I wasn’t. I hung up.

Here is my attempt to reverse engineer what happened. It was, I believe, a total coincidence that the moment I realised my mistake and was on the bank’s online chat was the moment Matt called. Everything that came after was planned. His goal throughout was to sound calm and professional, while making me increasingly flustered. So much so that I didn’t notice that he was “verifying” me more than I was verifying him.

He had my “security details” because — this was another Homer Simpson head slap moment — I’d autofilled my address on the “Royal Mail” page. Part of the verification involved me telling him my bank balance “to confirm it’s you”. So he knew how much I was good for.

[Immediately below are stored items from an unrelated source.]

-- ===== src/RateLimit.antt =====
-- app/core/ratelimit.py: the sliding-window limiter in front of the key endpoints. The clock's
-- readings are arguments; `hits[0] < now - window` is written without a subtraction. The dictionary
-- of deques is a function, since a `defaultdict` answers every key. The lock makes each call one
-- step, so a run is a list of calls.
pub mod Window
pub mod Exact
mod Samples
use intelli_study_planner_br.Base.{
  ℕ, ◌+◌, Bool, true, false, List, [], ◌∷◌, ◌++◌, Text, Option, none, some, ltb, leb, length,
  if◌then◌else◌, ◌==◌, text_eq,
}

pub record RateLimiter : Type 0 where
  pub limit : ℕ
  pub window : ℕ
  pub hits : Text → List ℕ

pub create : ℕ → ℕ → RateLimiter
create limit window = record { limit = limit; window = window; hits = λ key. [] }

-- `while hits and hits[0] < cutoff: hits.popleft()`
pub expire : ℕ → ℕ → List ℕ → List ℕ
expire window now [] = []
expire window now (t ∷ ts) = if ltb (t + window) now then expire window now ts else t ∷ ts

abbrev update : Text → List ℕ → (Text → List ℕ) → Text → List ℕ
update key ts hits k = if key == k then ts else hits k

pub allow : Text → ℕ → RateLimiter → Bool × RateLimiter
allow key now l =
    let live : List ℕ = expire l.window now (l.hits key) in
    if leb l.limit (length live)
    then (false, record l { hits = update key live l.hits })
    else (true, record l { hits = update key (live ++ now ∷ []) l.hits })

pub reset : Option Text → RateLimiter → RateLimiter
reset none l = record l { hits = λ key. [] }
reset (some key) l = record l { hits = update key [] l.hits }

-- The limiter after a run of calls.
pub run : RateLimiter → List (Text × ℕ) → RateLimiter
run l [] = l
run l ((k, now) ∷ calls) = run (allow k now l).1 calls

-- The times at which the calls of a run were let through for one key.
pub granted : Text → RateLimiter → List (Text × ℕ) → List ℕ
granted key l [] = []
granted key l ((k, now) ∷ calls) =
    let (ok, after) = allow k now l in
    let later : List ℕ = granted key after calls in
    if ok then (if k == key then now ∷ later else later) else later
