-- ===== src/RateLimit/Window.antt =====
-- The calls that app/core/ratelimit.py lets through, counted in the windows that they fall in.
use intelli_study_planner_br.Base.{
  ℕ, ◌+◌, ◌-◌, ◌≤◌, ◌<◌, ◌≡◌, refl, inl, inr, true, false, not, ◌&&◌, ◌∙◌, List, [], ◌∷◌, ◌++◌,
  Text, arith, leb, length, length-append, if◌then◌else◌, text_beq, text_beq_iff, Bool-cases,
}
use intelli_study_planner_br.RateLimit.{RateLimiter, create, expire, allow, granted}

-- How many of the times lie in the window that ends at `t`.
abbrev pub in_window : ℕ → ℕ → List ℕ → ℕ
in_window window t [] = 0
in_window window t (s ∷ ss) =
    (if leb s t && leb t (s + window) then 1 else 0) + in_window window t ss

-- Calls in the order of the clock, none before `now`.
abbrev pub Ordered : ℕ → List (Text × ℕ) → Type 0
Ordered now [] = Unit {0}
Ordered now ((k, t) ∷ calls) = (now ≤ t) × Ordered t calls

pub in_window-append :
    (w t : ℕ) (xs ys : List ℕ) → in_window w t (xs ++ ys) ≡ in_window w t xs + in_window w t ys
in_window-append w t [] ys = omega arith
in_window-append w t (x ∷ xs) ys = omega (arith, in_window-append w t xs ys)

in_window-le-length : (w t : ℕ) (xs : List ℕ) → in_window w t xs ≤ length xs
in_window-le-length w t [] = omega arith
in_window-le-length w t (x ∷ xs) = ground (arith, in_window-le-length w t xs)

module _ (w now : ℕ) where
  expire-le : (t : ℕ) (xs : List ℕ) → in_window w t (expire w now xs) ≤ in_window w t xs
  unfolding expire
  expire-le t [] = omega arith
  expire-le t (x ∷ xs) = ground (arith, expire-le t xs)

  pub expire-eq :
      (t : ℕ) (xs : List ℕ) → now ≤ t → in_window w t (expire w now xs) ≡ in_window w t xs
  unfolding expire
  expire-eq t [] h = refl
  expire-eq t (x ∷ xs) h = ground (arith, expire-eq t xs h)

  length-expire-le : (xs : List ℕ) → length (expire w now xs) ≤ length xs
  unfolding expire
  length-expire-le [] = omega arith
  length-expire-le (x ∷ xs) = ground (arith, length-expire-le xs)

-- What `allow` leaves of the limiter, field by field.
module _ (k : Text) (now : ℕ) (l : RateLimiter) where
  abbrev pub live : List ℕ
  live = expire l.window now (l.hits k)

  pub allow_lem : (allow k now l).0 ≡ not (leb l.limit (length live))
  unfolding allow
  allow_lem = ground arith

  pub allow_settings : ((allow k now l).1.limit ≡ l.limit) × ((allow k now l).1.window ≡ l.window)
  unfolding allow
  allow_settings = ground arith

  pub allow_self :
      (allow k now l).1.hits k ≡ (if leb l.limit (length live) then live else live ++ now ∷ [])
  unfolding allow
  allow_self = ground (arith, text_beq_iff k k)

  pub allow_other : (key : Text) → text_beq k key ≡ false → (allow k now l).1.hits key ≡ l.hits key
  unfolding allow
  allow_other key h = ground arith

module _ (n w : ℕ) (key : Text) where
  -- What holds of one key's deque: `gone` counts the granted calls that have left it.
  record Inv (l : RateLimiter) (now : ℕ) (gone : ℕ → ℕ) : Type 0 where
    cap : l.limit ≡ n
    span : l.window ≡ w
    old : (t : ℕ) → now ≤ t → gone t ≡ 0
    short : length (l.hits key) ≤ n
    full : (t : ℕ) → gone t + in_window w t (l.hits key) ≤ n

  module _ (l : RateLimiter) (now at : ℕ) (gone : ℕ → ℕ) (inv : Inv l now gone)
      (le : now ≤ at) where
    -- The calls that this one drops leave the deque.
    abbrev gone' : ℕ → ℕ
    gone' t = gone t + (in_window w t (l.hits key) - in_window w t (expire w at (l.hits key)))

    old' : (t : ℕ) → at ≤ t → gone' t ≡ 0
    old' t h = omega (arith, inv.old t (omega arith), expire-eq w at t (l.hits key) h)

    full_kept : (t : ℕ) → gone' t + in_window w t (expire w at (l.hits key)) ≤ n
    full_kept t = omega (arith, inv.full t, expire-le w at t (l.hits key))

    full_more :
        length (expire w at (l.hits key)) < n
        → (t : ℕ) → gone' t + in_window w t (expire w at (l.hits key) ++ at ∷ []) ≤ n
    full_more room t =
        let xs : List ℕ = expire w at (l.hits key) in
        ground (
          arith,
          in_window-append w t xs (at ∷ []),
          full_kept t,
          old' t,
          in_window-le-length w t xs,
        )

    Inv-other : (k : Text) → text_beq k key ≡ false → Inv (allow k at l).1 at gone
    Inv-other k h = record {
      cap = (allow_settings k at l).0 ∙ inv.cap;
      span = (allow_settings k at l).1 ∙ inv.span;
      old = λ t g. inv.old t (omega arith);
      short = rw (allow_other k at l key h) inv.short;
      full = λ t. rw (allow_other k at l key h) (inv.full t);
    }

    Inv-refused : leb n (length (expire w at (l.hits key))) ≡ true → Inv (allow key at l).1 at gone'
    Inv-refused h = record {
      cap = (allow_settings key at l).0 ∙ inv.cap;
      span = (allow_settings key at l).1 ∙ inv.span;
      old = old';
      short =
          rw (allow_self key at l, inv.cap, inv.span, h)
            (omega (arith, length-expire-le w at (l.hits key), inv.short));
      full = λ t. rw (allow_self key at l, inv.cap, inv.span, h) (full_kept t);
    }

    Inv-granted :
        leb n (length (expire w at (l.hits key))) ≡ false → Inv (allow key at l).1 at gone'
    Inv-granted h = record {
      cap = (allow_settings key at l).0 ∙ inv.cap;
      span = (allow_settings key at l).1 ∙ inv.span;
      old = old';
      short =
          rw (allow_self key at l, inv.cap, inv.span, h)
            (ground (arith, length-append {0} (expire w at (l.hits key)) (at ∷ [])));
      full = λ t. rw (allow_self key at l, inv.cap, inv.span, h) (full_more (ground arith) t);
    }

    -- A call of the key itself, before calls that are let through at the times `later`.
    granted_same :
        (later : List ℕ)
        → ((next : ℕ → ℕ)
            → Inv (allow key at l).1 at next
            → (t : ℕ)
            → next t + in_window w t ((allow key at l).1.hits key) + in_window w t later ≤ n)
        → (t : ℕ)
        → gone t
            + in_window w t (l.hits key)
            + in_window w t (if (allow key at l).0 then at ∷ later else later)
          ≤ n
    granted_same later ih t = elim (Bool-cases (leb n (length (expire w at (l.hits key))))) [
      | inl h ↦
          rw (allow_lem key at l, inv.cap, inv.span, h)
            (ground (
              arith,
              ih gone' (Inv-refused h) t,
              expire-le w at t (l.hits key),
              allow_self key at l,
              inv.cap,
              inv.span,
            ))
      | inr h ↦
          rw (allow_lem key at l, inv.cap, inv.span, h)
            (ground (
              arith,
              ih gone' (Inv-granted h) t,
              expire-le w at t (l.hits key),
              allow_self key at l,
              inv.cap,
              inv.span,
              in_window-append w t (expire w at (l.hits key)) (at ∷ []),
            ))
    ]

  -- A call for any key, and the granted calls of `key` with it.
  granted_full :
      (calls : List (Text × ℕ)) (l : RateLimiter) (now : ℕ) (gone : ℕ → ℕ)
      → Inv l now gone
      → Ordered now calls
      → (t : ℕ) → gone t + in_window w t (l.hits key) + in_window w t (granted key l calls) ≤ n
  unfolding granted
  granted_full [] l now gone inv ord t = omega (arith, inv.full t)
  granted_full ((k, at) ∷ calls) l now gone inv ord t = elim (Bool-cases (text_beq k key)) [
    | inr other ↦ rw other (
        ground (
          arith,
          granted_full calls (allow k at l).1 at gone (Inv-other l now at gone inv ord.0 k other)
              ord.1 t,
          allow_other k at l key other,
        ))
    | inl same ↦
        rw ((text_beq_iff k key).0 same, (text_beq_iff key key).1 refl)
          (granted_same l now at gone inv ord.0 (granted key (allow key at l).1 calls)
            (λ next i. granted_full calls (allow key at l).1 at next i ord.1) t)
  ]

-- Of a fresh limiter, whatever the calls for whatever keys at times that never go back: the calls
-- let through for one key in the `window` before any instant `t`, both ends included, are at most
-- `limit`.
pub granted-le_limit :
    (limit window : ℕ) (key : Text) (calls : List (Text × ℕ))
    → Ordered 0 calls
    → (t : ℕ) → in_window window t (granted key (create limit window) calls) ≤ limit
unfolding create
granted-le_limit limit window key calls ord t =
    let start : RateLimiter = create limit window in
    let all : ℕ =
      0 + in_window window t (start.hits key) + in_window window t (granted key start calls) in
    let bound : all ≤ limit =
      granted_full limit window key calls start 0 (λ _. 0)
        (record {
          cap = refl;
          span = refl;
          old = λ _ _. refl;
          short = omega arith;
          full = λ _. omega arith;
        })
        ord t in
    omega arith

There were nice touches too. He could ad-lib — telling me not to swear was genius. This man was clever. He had options in life, but the tragedy is he chose this. Ultimately though, in this instance, his labour was for naught. I didn’t click. Instead I rang Starling — the number of which he had spoofed — and it sorted it all. After seeing how it worked, it seems obviously laughable that the bank would use an approach like his.

So what is the moral of my tale? I wonder how I would react reading this about someone else. Probably I would find the mechanism intriguing. Maybe I would warn elderly neighbours. Smugly I wouldn’t consider it an issue for me though. And yet. In that moment, when I thought someone was in all my bank accounts, all my emails, thinking the whole office might have been compromised by my idiocy? Well, I can see why people may, in a moment of madness, click.